There is also an entailment relation here, regardless of how we interpret (one year) older than: if x is one year older than y, then x is older than y (but not the other way around).
c. sister of/sibling of
Both relations are transitive, and neither is reflexive, but only the latter is symmetric: if x is a sibling of y, then y is a sibling of x (and vice-versa). It does necessarily follow that if x is the sister of y then y is the sister of x, however: x could by y's brother.
These relations also stand in an entailment relation, but it is the reverse of the previous two: sister of entails sibling of, but sibling of does not entail sister of (for the same reason that sister of is not symmetric).
d. be taller than/be as tall as
This pair is tricky. It's clear that both are transitive: for any objects x, y, and z, if x is taller than y, and y is taller than z, then x is taller than z; and if x is as tall as y, and y is as tall as z, then x is as tall as z. It's also clear that taller than is neither reflexive nor symmetric. Finally, it seems pretty clear that as tall as is reflexive: everything is as tall as itself.

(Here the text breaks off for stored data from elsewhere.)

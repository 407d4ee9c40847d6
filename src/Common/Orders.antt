-- ===== src/Common/Orders.antt =====
-- Rearrangements of a list, measured by the native numbers, and membership by a test.
use Prim.Native.Nat.{◌≤◌, suc}
use mathlib.Core.Path.{◌≡◌, refl, sym, ap, ◌∙◌}
use mathlib.Core.Logic.{◌↔◌, inl, inr}
use mathlib.Core.Logic.Or
use mathlib.Core.Bool.{true, Bool-set}
use mathlib.Core.List.{
  List, [], ◌∷◌, Mem, mem-cons, mem-cons_self, mem-cons_of_mem, not-mem-nil, Nodup, Subset, Perm,
}
use mathlib.Core.List
use mathlib.Core.List.Perm
use mathlib.Core.List.Nodup
use mathlib.Core.List.Subperm
use native.Mathlib.Bridge.{from_ℕ, from_le⁻¹}
use native.Mathlib.Omega.{arith}
use adaptive_hire_exam_platf.Common.Tests.{Bool-cases}
use adaptive_hire_exam_platf.Common.Lists.{length}
use adaptive_hire_exam_platf.Common.Equality.{Eq, ◌==◌, includes}

module _ {ℓ} {A : Type ℓ} where
  from_ℕ-length : (xs : List A) → from_ℕ (List.length xs) ≡ length xs
  from_ℕ-length [] = refl
  from_ℕ-length (x ∷ xs) = ap suc (from_ℕ-length xs)

  pub Perm-length : {xs ys : List A} → Perm xs ys → length xs ≡ length ys
  Perm-length {xs} {ys} p = sym (from_ℕ-length xs) ∙ ap from_ℕ (Perm.length-eq p) ∙ from_ℕ-length ys

  -- The pigeonhole principle.
  pub Perm_of_subset :
      {xs ys : List A} → Nodup xs → Subset xs ys → length ys ≤ length xs → Perm xs ys
  Perm_of_subset {xs} {ys} d s h = Subperm.perm_of_length_le (Nodup.subperm d s) (
      from_le⁻¹ (List.length ys) (List.length xs)
        (omega (arith, from_ℕ-length xs, from_ℕ-length ys)))

module _ {ℓ} {A : Type ℓ} ⦃e : Eq A⦄ where
  includes-Mem : (a : A) (xs : List A) → includes a xs ≡ true → Mem a xs
  unfolding includes
  includes-Mem a [] h = cc
  includes-Mem a (x ∷ xs) h = elim (Bool-cases (a == x)) [
    | inl same ↦ mem-cons.1 (Or.inl ((e.same_iff a x).0 same))
    | inr other ↦ mem-cons_of_mem x (includes-Mem a xs (ground arith))
  ]

  Mem-includes : (a : A) (xs : List A) → Mem a xs → includes a xs ≡ true
  unfolding includes
  Mem-includes a [] m = absurd (not-mem-nil m)
  Mem-includes a (x ∷ xs) m =
      Or.elim (Bool-set _ _) (mem-cons.0 m) (λ same. ground (arith, e.same_iff a x))
        (λ later. ground (arith, Mem-includes a xs later))

  pub includes_iff : (a : A) (xs : List A) → (includes a xs ≡ true) ↔ Mem a xs
  includes_iff a xs = (includes-Mem a xs, Mem-includes a xs)
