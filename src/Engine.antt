-- ===== src/Engine.antt =====
-- backend/src/adaptive-engine: the adaptive engine, one module of a candidate's run at a time.
pub mod Numbers
pub mod Constants
pub mod Dict
pub mod Types
pub mod Questions
pub mod Probe
pub mod Evaluation
pub mod Estimator
pub mod Stopping
pub mod Run
pub mod Bank
pub mod Selector
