-- ===== src/Platform/Ports/Lines.antt =====
-- The parts of the output of `usbip port` in which `find_usbip_port` sees no header.
use canokey_usbip.Prelude.{
  ◌≡◌, refl, ap, sym, ◌∙◌, ℕ, Bool, true, false, not, ◌&&◌, none, List, [], ◌∷◌, ◌++◌, arith, eqb,
}
use mathlib.Core.List.{append_assoc, append-nil}
use canokey_usbip.Text.Match.{strip_prefix}
use canokey_usbip.Platform.Ports.{header, blocks, find_header}

-- Text in which no line starts with P; the flag says whether a line starts here.
unfoldable pub is_plain : Bool → List ℕ → Bool
is_plain starts [] = true
is_plain false (c ∷ s) = is_plain (eqb c b'\n') s
is_plain true (c ∷ s) = not (eqb c b'P') && is_plain (eqb c b'\n') s

-- Whether a line starts behind the text.
unfoldable pub starts_line : Bool → List ℕ → Bool
starts_line starts [] = starts
starts_line starts (c ∷ s) = starts_line (eqb c b'\n') s

header-other : (c : ℕ) (s : List ℕ) → eqb c b'P' ≡ false → header (c ∷ s) ≡ none
unfolding header strip_prefix
header-other c s h = let other : eqb b'P' c ≡ false = ground arith in rw other refl

blocks-step :
    (block : List ℕ) (c : ℕ) (text : List ℕ)
    → eqb c b'P' ≡ false
    → blocks true block (c ∷ text) ≡ blocks (eqb c b'\n') (block ++ (c ∷ [])) text
unfolding blocks
blocks-step block c text h = rw (blocks, header-other c text h) refl

pub blocks-plain :
    (starts : Bool) (block s rest : List ℕ)
    → is_plain starts s ≡ true
    → blocks starts block (s ++ rest) ≡ blocks (starts_line starts s) (block ++ s) rest
unfolding is_plain starts_line blocks
blocks-plain starts block [] rest h = ap (λ b. blocks starts b rest) (sym (append-nil block))
blocks-plain false block (c ∷ s) rest h =
    blocks-plain (eqb c b'\n') (block ++ (c ∷ [])) s rest h
    ∙ ap (λ b. blocks (starts_line (eqb c b'\n') s) b rest) (append_assoc block (c ∷ []) s)
blocks-plain true block (c ∷ s) rest h =
    let other : eqb c b'P' ≡ false = ground arith in
    let more : is_plain (eqb c b'\n') s ≡ true = ground arith in
    blocks-step block c (s ++ rest) other
    ∙ blocks-plain (eqb c b'\n') (block ++ (c ∷ [])) s rest more
    ∙ ap (λ b. blocks (starts_line (eqb c b'\n') s) b rest) (append_assoc block (c ∷ []) s)

find_header-later :
    (c : ℕ) (s : List ℕ)
    → header (c ∷ s) ≡ none
    → find_header true (c ∷ s) ≡ find_header (eqb c b'\n') s
unfolding find_header
find_header-later c s h = rw (find_header, h) refl

pub find_header-plain :
    (starts : Bool) (s : List ℕ) → is_plain starts s ≡ true → find_header starts s ≡ none
unfolding find_header is_plain
find_header-plain starts [] h = refl
find_header-plain false (c ∷ s) h = find_header-plain (eqb c b'\n') s h
find_header-plain true (c ∷ s) h =
    let other : eqb c b'P' ≡ false = ground arith in
    let more : is_plain (eqb c b'\n') s ≡ true = ground arith in
    find_header-later c s (header-other c s other) ∙ find_header-plain (eqb c b'\n') s more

Questions arise when we ask the question ``is as tall as symmetric?'', however. The complexity stems from the truth conditional interpretation this relation. If we take a sentence like ``Kim is as tall as Lee'' to mean ``Kim is exactly as tall as Lee'', then the relation is clearly symmetric: if x is exactly as tall as y, then y is exactly as tall as x. It's not so clear that this is the right analysis of the truth conditions of as tall as, however. If it were, then the sentence in (1) should be contradictory.
1. Kim is as tall as Lee; in fact, Kim is even taller than Lee.
This doesn't seem to be the case, however. What seems to be the case is that the truth conditions for as tall as should be something more like ``at least as tall as'', and that the ``exactly'' interpretation arises as an implicature. Evidence in support of this comes from examples like (2), which would be redundant if as tall as meant (truth conditionally) exactly as tall as, and from the fact that (3), unlike (1), is quite clearly contradictory.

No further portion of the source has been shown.